Although migraine is quite common in children - around 3% - 5% of school-age children experience periodic attacks - there has been little research into appropriate treatments. Intermittent use of analgesics is the mainstay of treatment for acute attacks and ibuprofen, at a prescribed dose of 10 mg/kg, has been shown to be more effective than paracetamol in aborting attacks13.

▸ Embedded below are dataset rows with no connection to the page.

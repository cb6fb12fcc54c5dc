-- ===== src/Log/Managed.antt =====
-- Adding and leaving out loggers and appenders keeps every formatter in place (log/logger.cpp).
use sylar_net_server_framewo.Common.{
  ℕ, zero, suc, ◌≤◌, ◌<◌, ◌≡◌, refl, sym, ap, ◌∙◌, subst, inl, inr, none, some, List, [], ◌∷◌, ◌++◌,
  arith, ◌==◌, length, get_elem?, set, All, All-append, length-append, Bool-cases, Option-cases,
  All-weaken, All-set, get-append,
}
use sylar_net_server_framewo.Common.Checked.{ok, aborted, undefined}
use sylar_net_server_framewo.Log.Items.{LogFormatter}
use sylar_net_server_framewo.Log.Defs.{
  Sink, LogAppender, Logger, LoggerManager, new_appender, new_logger, with_formatter, add_appender,
  del_appender, change_appenders, find_name, add_logger,
}
use sylar_net_server_framewo.Log.Loggers.{Good, Pointed, LoggerOk, IsValid, All-get, some_injective}

-- One place is set, and holds something that is as good.
pub Good-set :
    (n : ℕ) (heap : List LogAppender) (a b : ℕ) (v : LogAppender) (f : ℕ)
    → v.formatter ≡ some f
    → f < n
    → Good n heap a
    → Good n (set heap b v) a
Good-set n [] a b v f e s g = g
Good-set n (x ∷ heap) zero zero v f e s g = (v, f, refl, e, s)
Good-set n (x ∷ heap) zero (suc b) v f e s g = g
Good-set n (x ∷ heap) (suc a) zero v f e s g = g
Good-set n (x ∷ heap) (suc a) (suc b) v f e s g = Good-set n heap a b v f e s g

Good-set_self :
    (n : ℕ) (heap : List LogAppender) (a : ℕ) (v x : LogAppender) (f : ℕ)
    → get_elem? heap a ≡ some x
    → v.formatter ≡ some f
    → f < n
    → Good n (set heap a v) a
Good-set_self n [] a v x f k e s = cc
Good-set_self n (y ∷ heap) zero v x f k e s = (v, f, refl, e, s)
Good-set_self n (y ∷ heap) (suc a) v x f k e s = Good-set_self n heap a v x f k e s

pub LoggerOk-weaken :
    (n n' : ℕ) (heap heap' : List LogAppender)
    → n ≤ n'
    → ((a : ℕ) → Good n heap a → Good n' heap' a)
    → (g : Logger) → LoggerOk n heap g
    → LoggerOk n' heap' g
LoggerOk-weaken n n' heap heap' le f g h = record {
  goes_on = h.goes_on;
  formatted = omega (arith, h.formatted);
  attached = All-weaken (Good n heap) (Good n' heap') f g.appenders h.attached;
}

-- The root stays where a logger is set that keeps its root.
rooted-set :
    (gs : List Logger) (l : ℕ) (old new : Logger)
    → get_elem? gs l ≡ some old
    → new.root ≡ old.root
    → (g : Logger) × (get_elem? gs 0 ≡ some g) × (g.root ≡ none)
    → (g : Logger) × (get_elem? (set gs l new) 0 ≡ some g) × (g.root ≡ none)
rooted-set [] l old new e r h = cc
rooted-set (x ∷ gs) zero old new e r h =
    let p : old ≡ h.0 = some_injective (sym e ∙ h.1) in (new, refl, r ∙ ap (λ t. t.root) p ∙ h.2)
rooted-set (x ∷ gs) (suc l) old new e r h = h

pub Pointed-weaken : (n n' : ℕ) → n ≤ n' → (a : LogAppender) → Pointed n a → Pointed n' a
Pointed-weaken n n' h a (inl e) = inl e
Pointed-weaken n n' h a (inr (f, e, s)) = inr (f, e, omega arith)

pub ok_subst {ℓ κ} : {A : Type ℓ} {x y : A} (P : A → Type κ) → ok x ≡ ok y → P x → P y
ok_subst {x = x} P e h = subst P (ap (λ c. elim c [ ok z ↦ z | aborted ↦ x | undefined ↦ x ]) e) h

-- What a method does to one logger and to the appenders.
pub changed-IsValid :
    (m : LoggerManager) (l : ℕ) (old new : Logger) (heap : List LogAppender)
    (formatters : List LogFormatter)
    → IsValid m
    → get_elem? m.loggers l ≡ some old
    → new.root ≡ old.root
    → length m.formatters ≤ length formatters
    → ((a : ℕ) → Good (length m.formatters) m.appenders a → Good (length formatters) heap a)
    → LoggerOk (length formatters) heap new
    → All (Pointed (length formatters)) heap
    → IsValid
        (record m { formatters = formatters; appenders = heap; loggers = set m.loggers l new })
changed-IsValid m l old new heap formatters v e r le f g p = record {
  pointed = p;
  rooted = rooted-set m.loggers l old new e r v.rooted;
  every =
      All-set (LoggerOk (length formatters) heap) m.loggers l new
        (All-weaken (LoggerOk (length m.formatters) m.appenders) (LoggerOk (length formatters) heap)
          (LoggerOk-weaken (length m.formatters) (length formatters) m.appenders heap le f)
          m.loggers v.every)
        g;
}

-- The other loggers keep their appenders, which keep a formatter.
pub add_logger-IsValid :
    (f : LogFormatter) (name : List ℕ) (m : LoggerManager)
    → IsValid m
    → IsValid (add_logger f name m).1
unfolding add_logger new_logger
add_logger-IsValid f name m v = elim (Option-cases (find_name name m.names)) [
  | inr (l, e) ↦ rw (add_logger, e) v
  | inl e ↦
      let n = length m.formatters in
      let grown = length-append m.formatters (f ∷ []) in
      let more : n ≤ length (m.formatters ++ f ∷ []) = omega (arith, grown) in
      rw (add_logger, e)
        (record {
          pointed =
              All-weaken (Pointed n) (Pointed (length (m.formatters ++ f ∷ [])))
                (Pointed-weaken n (length (m.formatters ++ f ∷ [])) more) m.appenders v.pointed;
          rooted = (v.rooted.0, get-append m.loggers _ 0 v.rooted.0 v.rooted.1, v.rooted.2);
          every =
              All-append (LoggerOk (length (m.formatters ++ f ∷ [])) m.appenders) m.loggers _
                (All-weaken (LoggerOk n m.appenders)
                  (LoggerOk (length (m.formatters ++ f ∷ [])) m.appenders)
                  (LoggerOk-weaken n (length (m.formatters ++ f ∷ [])) m.appenders m.appenders more
                    (λ a g. (g.0, g.1, g.2, g.3, omega (arith, g.4))))
                  m.loggers v.every)
                (
                  record { goes_on = inr refl; formatted = omega (arith, grown); attached = tt },
                  tt,
                );
        })
]

pub new_appender-IsValid :
    (sink : Sink) (m : LoggerManager)
    → IsValid m
    → IsValid (record m { appenders = m.appenders ++ new_appender sink ∷ [] })
unfolding new_appender
new_appender-IsValid sink m v = record {
  pointed = All-append (Pointed (length m.formatters)) m.appenders _ v.pointed (inl refl, tt);
  rooted = v.rooted;
  every =
      All-weaken (LoggerOk (length m.formatters) m.appenders)
        (LoggerOk (length m.formatters) (m.appenders ++ new_appender sink ∷ []))
        (LoggerOk-weaken (length m.formatters) (length m.formatters) m.appenders
          (m.appenders ++ new_appender sink ∷ []) (omega arith)
          (λ a g. (g.0, g.1, get-append m.appenders _ a g.0 g.2, g.3, g.4)))
        m.loggers v.every;
}

-- The appender that is added gets the logger's formatter, or keeps its own.
with_formatter-some :
    (n f : ℕ) (a : LogAppender)
    → f < n
    → Pointed n a
    → (g : ℕ) × ((with_formatter f a).formatter ≡ some g) × (g < n)
with_formatter-some n f a h (inl e) = (f, simp (with_formatter, e) refl, h)
with_formatter-some n f a h (inr (g, e, s)) = (g, simp (with_formatter, e) refl, s)

pub add_appender-IsValid :
    (l a : ℕ) (m m' : LoggerManager) → IsValid m → add_appender l a m ≡ ok m' → IsValid m'
unfolding add_appender
add_appender-IsValid l a m m' v h = elim (Option-cases (get_elem? m.loggers l)) [
  | inl e ↦ let q : undefined ≡ ok m' = rw (add_appender, e) at h in cc
  | inr (logger, e) ↦ elim (Option-cases (get_elem? m.appenders a)) [
    | inl k ↦ let q : undefined ≡ ok m' = rw (add_appender, e, k) at h in cc
    | inr (x, k) ↦
        let n = length m.formatters in
        let q = rw (add_appender, e, k) at h in
        let old = All-get (LoggerOk n m.appenders) m.loggers l logger v.every e in
        let (f, p, s) =
          with_formatter-some n logger.formatter x old.formatted
            (All-get (Pointed n) m.appenders a x v.pointed k) in
        let new = with_formatter logger.formatter x in
        let kept : (b : ℕ) → Good n m.appenders b → Good n (set m.appenders a new) b =
          λ b. Good-set n m.appenders b a new f p s in
        ok_subst IsValid q (
          changed-IsValid m l logger (record logger { appenders = logger.appenders ++ a ∷ [] })
            (set m.appenders a new) m.formatters v e refl (omega arith) kept
            (record {
              goes_on = old.goes_on;
              formatted = old.formatted;
              attached =
                  All-append (Good n (set m.appenders a new)) logger.appenders (a ∷ [])
                    (All-weaken (Good n m.appenders) (Good n (set m.appenders a new)) kept
                      logger.appenders old.attached)
                    (Good-set_self n m.appenders a new x f k p s, tt);
            })
            (All-set (Pointed n) m.appenders a new v.pointed (inr (f, p, s))))
  ]
]

-- Leaving out appenders
pub All-del_appender :
    (P : ℕ → Type 0) (a : ℕ) (as' : List ℕ) → All P as' → All P (del_appender a as')
unfolding del_appender
All-del_appender P a [] h = tt
All-del_appender P a (b ∷ bs) h = elim (Bool-cases (b == a)) [
  | inl e ↦ rw e h.1
  | inr e ↦ rw e (h.0, All-del_appender P a bs h.1)
]

pub change_appenders-IsValid :
    (f : List ℕ → List ℕ) (l : ℕ) (m m' : LoggerManager)
    → ((P : ℕ → Type 0) (as' : List ℕ) → All P as' → All P (f as'))
    → IsValid m
    → change_appenders f l m ≡ ok m'
    → IsValid m'
unfolding change_appenders
change_appenders-IsValid f l m m' keeps v h = elim (Option-cases (get_elem? m.loggers l)) [
  | inl e ↦ let q : undefined ≡ ok m' = rw (change_appenders, e) at h in cc
  | inr (logger, e) ↦
      let n = length m.formatters in
      let q = rw (change_appenders, e) at h in
      let old = All-get (LoggerOk n m.appenders) m.loggers l logger v.every e in
      ok_subst IsValid q (
        changed-IsValid m l logger (record logger { appenders = f logger.appenders }) m.appenders
          m.formatters v e refl (omega arith) (λ a g. g)
          (record {
            goes_on = old.goes_on;
            formatted = old.formatted;
            attached = keeps (Good n m.appenders) logger.appenders old.attached;
          })
          v.pointed)
]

A double-blind placebo-controlled study has evaluated ibuprofen in the treatment of migraine at the lower dose in which OTC ibuprofen is normally taken (7.5mg/kg)14. In 84 children aged 6 - 12, the response rate (% children in whom moderate/severe headache was reduced to mild or no pain at 2 hours) was significantly higher with ibuprofen (76% vs. 53%) and significantly more children were pain-free (44% vs. 25%). Ibuprofen also increased the proportion of children with no nausea (60% vs. 40%). Only one of 45 children taking ibuprofen needed rescue analgesia compared with 15 of 39 given placebo. Among girls, the placebo response rate was comparable with that associated with ibuprofen (67% vs. 65%) but the response to ibuprofen was much greater among boys (84% vs. 43%) and headache recurrence less frequent (0 vs. 8 with placebo compared with 5 cases each with ibuprofen and placebo among girls). The authors were unable to account for this finding: although a sex-related difference in migraine pathogenesis cannot be excluded, the small size of the study is the most likely explanation.

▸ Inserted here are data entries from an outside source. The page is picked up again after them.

-- ===== src/Log/Made.antt =====
-- The states that the loggers reach by their methods (log/logger.cpp).
use sylar_net_server_framewo.Common.{ℕ, ◌<◌, ◌≡◌, some, List, [], ◌∷◌, ◌++◌, length, get_elem?, set}
use sylar_net_server_framewo.Common.Checked.{Checked, ok}
use sylar_net_server_framewo.Log.Items.{LogFormatter}
use sylar_net_server_framewo.Log.Defs.{
  Sink, LogAppender, LoggerManager, new_appender, add_appender, del_appender, clear_appenders,
  change_appenders, set_formatter, set_pattern, set_appender_formatter, logger_manager, add_logger,
}

-- The managers that a program makes: the first one, and what a method that returns leaves. The
-- formatters that it sets are not null.
pub data Made : LoggerManager → Type 0 where
  made_manager : (f : LogFormatter) → Made (logger_manager f)
  made_logger :
      (f : LogFormatter) (name : List ℕ) (m : LoggerManager) → Made m → Made (add_logger f name m).1
  made_appender :
      (sink : Sink) (m : LoggerManager)
      → Made m
      → Made (record m { appenders = m.appenders ++ new_appender sink ∷ [] })
  made_formatter :
      (f : LogFormatter) (m : LoggerManager)
      → Made m
      → Made (record m { formatters = m.formatters ++ f ∷ [] })
  formatted :
      (a f : ℕ) (x : LogAppender) (m : LoggerManager)
      → Made m
      → f < length m.formatters
      → get_elem? m.appenders a ≡ some x
      → Made (record m { appenders = set m.appenders a (set_appender_formatter (some f) x) })
  reformatted :
      (l f : ℕ) (m m' : LoggerManager)
      → Made m
      → f < length m.formatters
      → set_formatter l f m ≡ ok m'
      → Made m'
  appended : (l a : ℕ) (m m' : LoggerManager) → Made m → add_appender l a m ≡ ok m' → Made m'
  deleted :
      (l a : ℕ) (m m' : LoggerManager)
      → Made m
      → change_appenders (del_appender a) l m ≡ ok m'
      → Made m'
  cleared :
      (l : ℕ) (m m' : LoggerManager)
      → Made m
      → change_appenders clear_appenders l m ≡ ok m'
      → Made m'
  patterned :
      (l : ℕ) (pattern : List ℕ) (m m' : LoggerManager)
      → Made m
      → set_pattern l pattern m ≡ ok m'
      → Made m'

Ibuprofen has been shown to be as effective as the 5-HT1 agonist zolmitriptan 2.5 mg in a new placebo-controlled crossover study in 32 children aged 7 - 1715. The dose of ibuprofen was 200 mg in the under-12s and 400 mg in older children. The 2-hour response rate (defined as above) was 78% with ibuprofen, 69% with zolmitriptan and 32% with placebo. Half of children were pain-free at 2 hours after taking ibuprofen or zolmitriptan (8% with placebo) and pain-free without recurrence in 24 hours in 41%, 39% and 8% respectively. There were no significant differences between ibuprofen and zolmitriptan and they were equally well tolerated.